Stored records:
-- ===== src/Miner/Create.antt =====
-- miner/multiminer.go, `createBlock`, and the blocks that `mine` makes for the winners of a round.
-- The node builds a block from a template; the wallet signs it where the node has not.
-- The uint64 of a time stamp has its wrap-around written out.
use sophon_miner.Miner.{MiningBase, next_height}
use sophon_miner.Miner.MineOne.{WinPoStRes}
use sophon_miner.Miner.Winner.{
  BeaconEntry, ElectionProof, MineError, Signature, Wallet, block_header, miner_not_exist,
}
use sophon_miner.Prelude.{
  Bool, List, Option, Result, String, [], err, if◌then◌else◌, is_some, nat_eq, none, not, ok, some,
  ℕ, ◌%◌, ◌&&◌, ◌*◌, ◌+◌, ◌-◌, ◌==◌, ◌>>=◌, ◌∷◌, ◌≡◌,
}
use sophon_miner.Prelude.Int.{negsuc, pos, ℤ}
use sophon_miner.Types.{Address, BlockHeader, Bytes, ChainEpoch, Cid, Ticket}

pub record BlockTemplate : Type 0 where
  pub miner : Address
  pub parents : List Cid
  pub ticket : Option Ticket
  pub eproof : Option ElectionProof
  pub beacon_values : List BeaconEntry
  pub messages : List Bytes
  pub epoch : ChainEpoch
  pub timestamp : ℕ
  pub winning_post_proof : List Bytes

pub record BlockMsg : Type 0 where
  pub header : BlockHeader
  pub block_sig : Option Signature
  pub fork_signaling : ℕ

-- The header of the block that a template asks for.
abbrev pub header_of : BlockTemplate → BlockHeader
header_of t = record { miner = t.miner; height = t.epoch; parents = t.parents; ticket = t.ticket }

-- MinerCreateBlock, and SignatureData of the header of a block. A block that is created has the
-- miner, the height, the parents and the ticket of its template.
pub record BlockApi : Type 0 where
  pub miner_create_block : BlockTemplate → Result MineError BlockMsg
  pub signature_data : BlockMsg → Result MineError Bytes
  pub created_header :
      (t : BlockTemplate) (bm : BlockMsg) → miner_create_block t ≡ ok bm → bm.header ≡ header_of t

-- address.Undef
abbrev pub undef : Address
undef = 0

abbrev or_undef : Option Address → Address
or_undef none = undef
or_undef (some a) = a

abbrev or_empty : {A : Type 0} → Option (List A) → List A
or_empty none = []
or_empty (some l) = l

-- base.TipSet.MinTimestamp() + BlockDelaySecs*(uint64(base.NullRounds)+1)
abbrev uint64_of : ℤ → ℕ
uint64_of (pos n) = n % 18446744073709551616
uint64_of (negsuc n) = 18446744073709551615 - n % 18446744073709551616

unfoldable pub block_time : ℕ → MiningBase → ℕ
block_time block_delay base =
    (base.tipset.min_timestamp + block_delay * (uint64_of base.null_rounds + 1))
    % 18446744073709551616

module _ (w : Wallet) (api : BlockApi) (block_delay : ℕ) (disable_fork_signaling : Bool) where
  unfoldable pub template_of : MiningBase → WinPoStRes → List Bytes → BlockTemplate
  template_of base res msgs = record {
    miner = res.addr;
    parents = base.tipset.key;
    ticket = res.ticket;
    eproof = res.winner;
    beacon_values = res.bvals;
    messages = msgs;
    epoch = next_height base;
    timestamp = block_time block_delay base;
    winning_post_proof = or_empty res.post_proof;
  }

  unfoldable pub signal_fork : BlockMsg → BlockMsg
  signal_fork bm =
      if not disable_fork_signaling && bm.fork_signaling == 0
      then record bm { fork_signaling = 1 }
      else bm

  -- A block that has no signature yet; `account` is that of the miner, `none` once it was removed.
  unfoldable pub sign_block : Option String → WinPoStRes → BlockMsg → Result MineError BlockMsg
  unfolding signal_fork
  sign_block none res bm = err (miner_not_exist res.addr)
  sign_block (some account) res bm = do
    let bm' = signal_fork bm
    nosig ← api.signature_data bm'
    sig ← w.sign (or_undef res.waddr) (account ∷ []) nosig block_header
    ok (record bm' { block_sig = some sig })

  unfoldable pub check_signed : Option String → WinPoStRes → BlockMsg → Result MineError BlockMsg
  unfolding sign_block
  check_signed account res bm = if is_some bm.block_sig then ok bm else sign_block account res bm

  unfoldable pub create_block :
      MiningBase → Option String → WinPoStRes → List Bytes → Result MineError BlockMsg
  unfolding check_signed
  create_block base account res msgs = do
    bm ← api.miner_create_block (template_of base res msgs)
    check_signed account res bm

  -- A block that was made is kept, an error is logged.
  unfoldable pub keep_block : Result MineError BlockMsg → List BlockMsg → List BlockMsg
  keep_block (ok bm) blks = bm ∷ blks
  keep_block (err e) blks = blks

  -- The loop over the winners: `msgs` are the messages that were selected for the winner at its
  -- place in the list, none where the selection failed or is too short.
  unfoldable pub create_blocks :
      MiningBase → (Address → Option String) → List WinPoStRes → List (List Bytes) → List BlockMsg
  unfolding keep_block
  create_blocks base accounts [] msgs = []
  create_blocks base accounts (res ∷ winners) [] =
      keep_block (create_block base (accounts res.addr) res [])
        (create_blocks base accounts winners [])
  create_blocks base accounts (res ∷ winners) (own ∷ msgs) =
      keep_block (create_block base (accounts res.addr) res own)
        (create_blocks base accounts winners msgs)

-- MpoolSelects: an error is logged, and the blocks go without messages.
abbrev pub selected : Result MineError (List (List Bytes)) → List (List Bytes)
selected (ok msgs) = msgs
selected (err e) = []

### [Work task]
Reproduce each line above without any alteration.

### [Result]
-- ===== src/Miner/Create.antt =====
-- miner/multiminer.go, `createBlock`, and the blocks that `mine` makes for the winners of a round.
-- The node builds a block from a template; the wallet signs it where the node has not.
-- The uint64 of a time stamp has its wrap-around written out.
use sophon_miner.Miner.{MiningBase, next_height}
use sophon_miner.Miner.MineOne.{WinPoStRes}
use sophon_miner.Miner.Winner.{
  BeaconEntry, ElectionProof, MineError, Signature, Wallet, block_header, miner_not_exist,
}
use sophon_miner.Prelude.{
  Bool, List, Option, Result, String, [], err, if◌then◌else◌, is_some, nat_eq, none, not, ok, some,
  ℕ, ◌%◌, ◌&&◌, ◌*◌, ◌+◌, ◌-◌, ◌==◌, ◌>>=◌, ◌∷◌, ◌≡◌,
}
use sophon_miner.Prelude.Int.{negsuc, pos, ℤ}
use sophon_miner.Types.{Address, BlockHeader, Bytes, ChainEpoch, Cid, Ticket}

pub record BlockTemplate : Type 0 where
  pub miner : Address
  pub parents : List Cid
  pub ticket : Option Ticket
  pub eproof : Option ElectionProof
  pub beacon_values : List BeaconEntry
  pub messages : List Bytes
  pub epoch : ChainEpoch
  pub timestamp : ℕ
  pub winning_post_proof : List Bytes

pub record BlockMsg : Type 0 where
  pub header : BlockHeader
  pub block_sig : Option Signature
  pub fork_signaling : ℕ

-- The header of the block that a template asks for.
abbrev pub header_of : BlockTemplate → BlockHeader
header_of t = record { miner = t.miner; height = t.epoch; parents = t.parents; ticket = t.ticket }

-- MinerCreateBlock, and SignatureData of the header of a block. A block that is created has the
-- miner, the height, the parents and the ticket of its template.
pub record BlockApi : Type 0 where
  pub miner_create_block : BlockTemplate → Result MineError BlockMsg
  pub signature_data : BlockMsg → Result MineError Bytes
  pub created_header :
      (t : BlockTemplate) (bm : BlockMsg) → miner_create_block t ≡ ok bm → bm.header ≡ header_of t

-- address.Undef
abbrev pub undef : Address
undef = 0

abbrev or_undef : Option Address → Address
or_undef none = undef
or_undef (some a) = a

abbrev or_empty : {A : Type 0} → Option (List A) → List A
or_empty none = []
or_empty (some l) = l

-- base.TipSet.MinTimestamp() + BlockDelaySecs*(uint64(base.NullRounds)+1)
abbrev uint64_of : ℤ → ℕ
uint64_of (pos n) = n % 18446744073709551616
uint64_of (negsuc n) = 18446744073709551615 - n % 18446744073709551616

unfoldable pub block_time : ℕ → MiningBase → ℕ
block_time block_delay base =
    (base.tipset.min_timestamp + block_delay * (uint64_of base.null_rounds + 1))
    % 18446744073709551616

module _ (w : Wallet) (api : BlockApi) (block_delay : ℕ) (disable_fork_signaling : Bool) where
  unfoldable pub template_of : MiningBase → WinPoStRes → List Bytes → BlockTemplate
  template_of base res msgs = record {
    miner = res.addr;
    parents = base.tipset.key;
    ticket = res.ticket;
    eproof = res.winner;
    beacon_values = res.bvals;
    messages = msgs;
    epoch = next_height base;
    timestamp = block_time block_delay base;
    winning_post_proof = or_empty res.post_proof;
  }

  unfoldable pub signal_fork : BlockMsg → BlockMsg
  signal_fork bm =
      if not disable_fork_signaling && bm.fork_signaling == 0
      then record bm { fork_signaling = 1 }
      else bm

  -- A block that has no signature yet; `account` is that of the miner, `none` once it was removed.
  unfoldable pub sign_block : Option String → WinPoStRes → BlockMsg → Result MineError BlockMsg
  unfolding signal_fork
  sign_block none res bm = err (miner_not_exist res.addr)
  sign_block (some account) res bm = do
    let bm' = signal_fork bm
    nosig ← api.signature_data bm'
    sig ← w.sign (or_undef res.waddr) (account ∷ []) nosig block_header
    ok (record bm' { block_sig = some sig })

  unfoldable pub check_signed : Option String → WinPoStRes → BlockMsg → Result MineError BlockMsg
  unfolding sign_block
  check_signed account res bm = if is_some bm.block_sig then ok bm else sign_block account res bm

  unfoldable pub create_block :
      MiningBase → Option String → WinPoStRes → List Bytes → Result MineError BlockMsg
  unfolding check_signed
  create_block base account res msgs = do
    bm ← api.miner_create_block (template_of base res msgs)
    check_signed account res bm

  -- A block that was made is kept, an error is logged.
  unfoldable pub keep_block : Result MineError BlockMsg → List BlockMsg → List BlockMsg
  keep_block (ok bm) blks = bm ∷ blks
  keep_block (err e) blks = blks

  -- The loop over the winners: `msgs` are the messages that were selected for the winner at its
  -- place in the list, none where the selection failed or is too short.
  unfoldable pub create_blocks :
      MiningBase → (Address → Option String) → List WinPoStRes → List (List Bytes) → List BlockMsg
  unfolding keep_block
  create_blocks base accounts [] msgs = []
  create_blocks base accounts (res ∷ winners) [] =
      keep_block (create_block base (accounts res.addr) res [])
        (create_blocks base accounts winners [])
  create_blocks base accounts (res ∷ winners) (own ∷ msgs) =
      keep_block (create_block base (accounts res.addr) res own)
        (create_blocks base accounts winners msgs)

-- MpoolSelects: an error is logged, and the blocks go without messages.
abbrev pub selected : Result MineError (List (List Bytes)) → List (List Bytes)
selected (ok msgs) = msgs
selected (err e) = []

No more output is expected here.